Florida law holds that when the legislature enacts a new version of a statute, that action also effectively destroys the previous version. Only one version can exist at a given moment in time. If the new statute is unconstitutional, then Florida law holds the old version is "revived" and becomes effective once again. Thus, there is no situation in which there is "no law," and determination of "which law" is reasonably straightforward.
It is interesting that many find fault with the 104 week statutory limitation. One oft-voiced complaint, and justification for concluding the statute is unconstitutional, is that 104 weeks is an "arbitrary limitation." Remember, though, that if this statute is unconstitutional, the prior temporary indemnity limitation statute would be revived. The previous version capped these benefits at 260 weeks. A longer period, but some would argue it is no less an "arbitrary limitation." From an academic standpoint, some question whether there is more truth in either. Certainly, the longer the arbitrary period, the fewer situations of factual medical recovery might be implicated. There is a significant difference between two years and five.
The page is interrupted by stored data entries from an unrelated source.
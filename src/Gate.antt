-- ===== src/Gate.antt =====
-- internal/auth/auth.go and admin.go, with the middleware of internal/api/middleware.go and
-- `allowModel` of internal/api/handler.go: who a request comes from, and whether it is served. `digest`
-- stands for the hexadecimal SHA-256; the key store answers as an argument, `none` for an error.
pub mod Decides
use zealish_router.Base.{
  ℕ, String, Bool, true, false, not, ◌&&◌, ◌||◌, Option, none, some, List, [], ◌∷◌, if◌then◌else◌,
  str_eq, pos, map, contains, ℤ,
}
use zealish_router.Quota.{Identity, Readings, Quota, QuotaError, rate_limited, budget_exceeded}
use zealish_router.Quota

-- The identity of the quota, with the two fields that the quota does not read.
pub record Caller : Type 0 where
  pub identity : Identity
  pub name : String
  pub allowed_models : List String

pub record ApiKey : Type 0 where
  pub id : String
  pub name : String
  pub enabled : Bool
  pub rate_limit_per_min : ℤ
  pub monthly_budget : ℕ
  pub allowed_models : List String

-- `none` is ErrUnauthorized.
abbrev pub KnownCaller : Type 0
KnownCaller = Option Caller

-- `stored` is none where the service has no key store; `touched` lists the keys whose last use was
-- recorded.
pub record Service : Type 0 where
  pub enabled : Bool
  pub static_keys : List String
  pub stored : Option (String → Option ApiKey)
  pub touched : List String

abbrev pub fixed_caller : String → Caller
fixed_caller id = record {
  identity = record { key_id = id; rate_limit_per_min = pos 0; monthly_budget = 0 };
  name = id;
  allowed_models = [];
}

abbrev pub key_caller : ApiKey → Caller
key_caller k = record {
  identity = record {
    key_id = k.id;
    rate_limit_per_min = k.rate_limit_per_min;
    monthly_budget = k.monthly_budget;
  };
  name = k.name;
  allowed_models = k.allowed_models;
}

abbrev pub is_nil {ℓ} : {A : Type ℓ} → List A → Bool
is_nil [] = true
is_nil (x ∷ xs) = false

-- `Identity.Allows`
abbrev pub permits : Caller → String → Bool
permits c model = is_nil c.allowed_models || contains c.allowed_models model

-- The loop runs over all keys, whichever match.
unfoldable pub match_from : Bool → List String → String → Bool
match_from matched [] hash = matched
match_from matched (known ∷ keys) hash = match_from (matched || str_eq known hash) keys hash

abbrev pub match_static : Service → String → Bool
match_static s hash = match_from false s.static_keys hash

abbrev pub touch : String → Service → Service
touch id s = record s { touched = id ∷ s.touched }

abbrev pub accept : Service → Option ApiKey → KnownCaller × Service
accept s none = (none, s)
accept s (some k) = if k.enabled then (some (key_caller k), touch k.id s) else (none, s)

abbrev pub ask_store : Service → Option (String → Option ApiKey) → String → KnownCaller × Service
ask_store s none hash = (none, s)
ask_store s (some get) hash = accept s (get hash)

module _ (digest : String → String) where
  unfoldable pub hash_all : List String → List String
  hash_all [] = []
  hash_all (k ∷ keys) = digest k ∷ hash_all keys

  unfoldable pub set_static_keys : List String → Service → Service
  set_static_keys keys s = record s { static_keys = hash_all keys }

  unfoldable pub authenticate : String → Service → KnownCaller × Service
  authenticate raw s =
      if not s.enabled
      then (some (fixed_caller "anonymous"), s)
      else if str_eq raw ""
      then (none, s)
      else if match_static s (digest raw)
      then (some (fixed_caller "static"), s)
      else ask_store s s.stored (digest raw)

-- What a request gets: 401, 429 for the rate or the budget, 403, or the handler.
pub data Verdict : Type 0 where
  unauthorized limited exhausted forbidden : Verdict
  served : Caller → Verdict

abbrev pub enforce : Caller → String → Option QuotaError → Verdict
enforce c model none = if permits c model then served c else forbidden
enforce c model (some rate_limited) = limited
enforce c model (some budget_exceeded) = exhausted

-- authenticate, then enforceQuota, then allowModel of the handler.
abbrev pub enforce_quota :
    Readings → Option ℕ → String → Option Quota → KnownCaller → Verdict × Option Quota
enforce_quota clock spent model q none = (unauthorized, q)
enforce_quota clock spent model q (some c) =
    let ((left, problem), q') = Quota.allow clock c.identity spent q in
    (enforce c model problem, q')

unfoldable pub admit_request :
    (String → String)
    → Readings
    → Option ℕ
    → String
    → String
    → Service
    → Option Quota
    → Verdict × Option Quota
admit_request digest clock spent raw model s q =
    enforce_quota clock spent model q (authenticate digest raw s).0

-- `AdminService.Authenticate`: an empty token admits nobody.
unfoldable pub admin_authenticate : Bool → String → String → KnownCaller
admin_authenticate enabled token raw =
    if not enabled
    then none
    else if str_eq token "" || str_eq raw ""
    then none
    else if not (str_eq token raw)
    then none
    else some (fixed_caller "admin")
Some complain that any cap on temporary benefits is inappropriate because it forces a legal conclusion of MMI. But few can enunciate a thoughtful distinction between the law forcing a conclusion of MMI and a physician opining a conclusion of MMI. Either, they say, is a somewhat arbitrary selection of a date in time at which permanency will be assessed and opinions expressed. Either is an opinion, one medical and the other legislative. Some argue that neither is perfect, and likewise neither is fatally flawed. Remember opinions can be wrong in any event (the Jacksonville Jaguars will win the next Super Bowl, you heard it here first).
A great deal of workers' compensation is dependent upon medical opinions, MMI and PIR. These opinions are held to a standard of probability (more likely than not), and are subject to change as the imperfect but sometimes downright miraculous human body works. There is a marketplace desire for predictability and definition, and a human inconsistency in response to treatment and perception of symptoms. There is a reverence for medical expert opinions regarding MMI, and yet a widespread recognition that it is a legal, not medical, construct. Despite that, many deride the legal experts, the legislature, for inserting their collective opinion.
Why does the law depend so heavily on these distinctions between temporary and permanent, medical and legal? Is there a more efficient manner in which the injured worker could receive an appropriate measure of benefits and the system could nonetheless enjoy an appropriate measure of predictability? Is there a better way to deal with the interrelation of "impairment" and "disability?"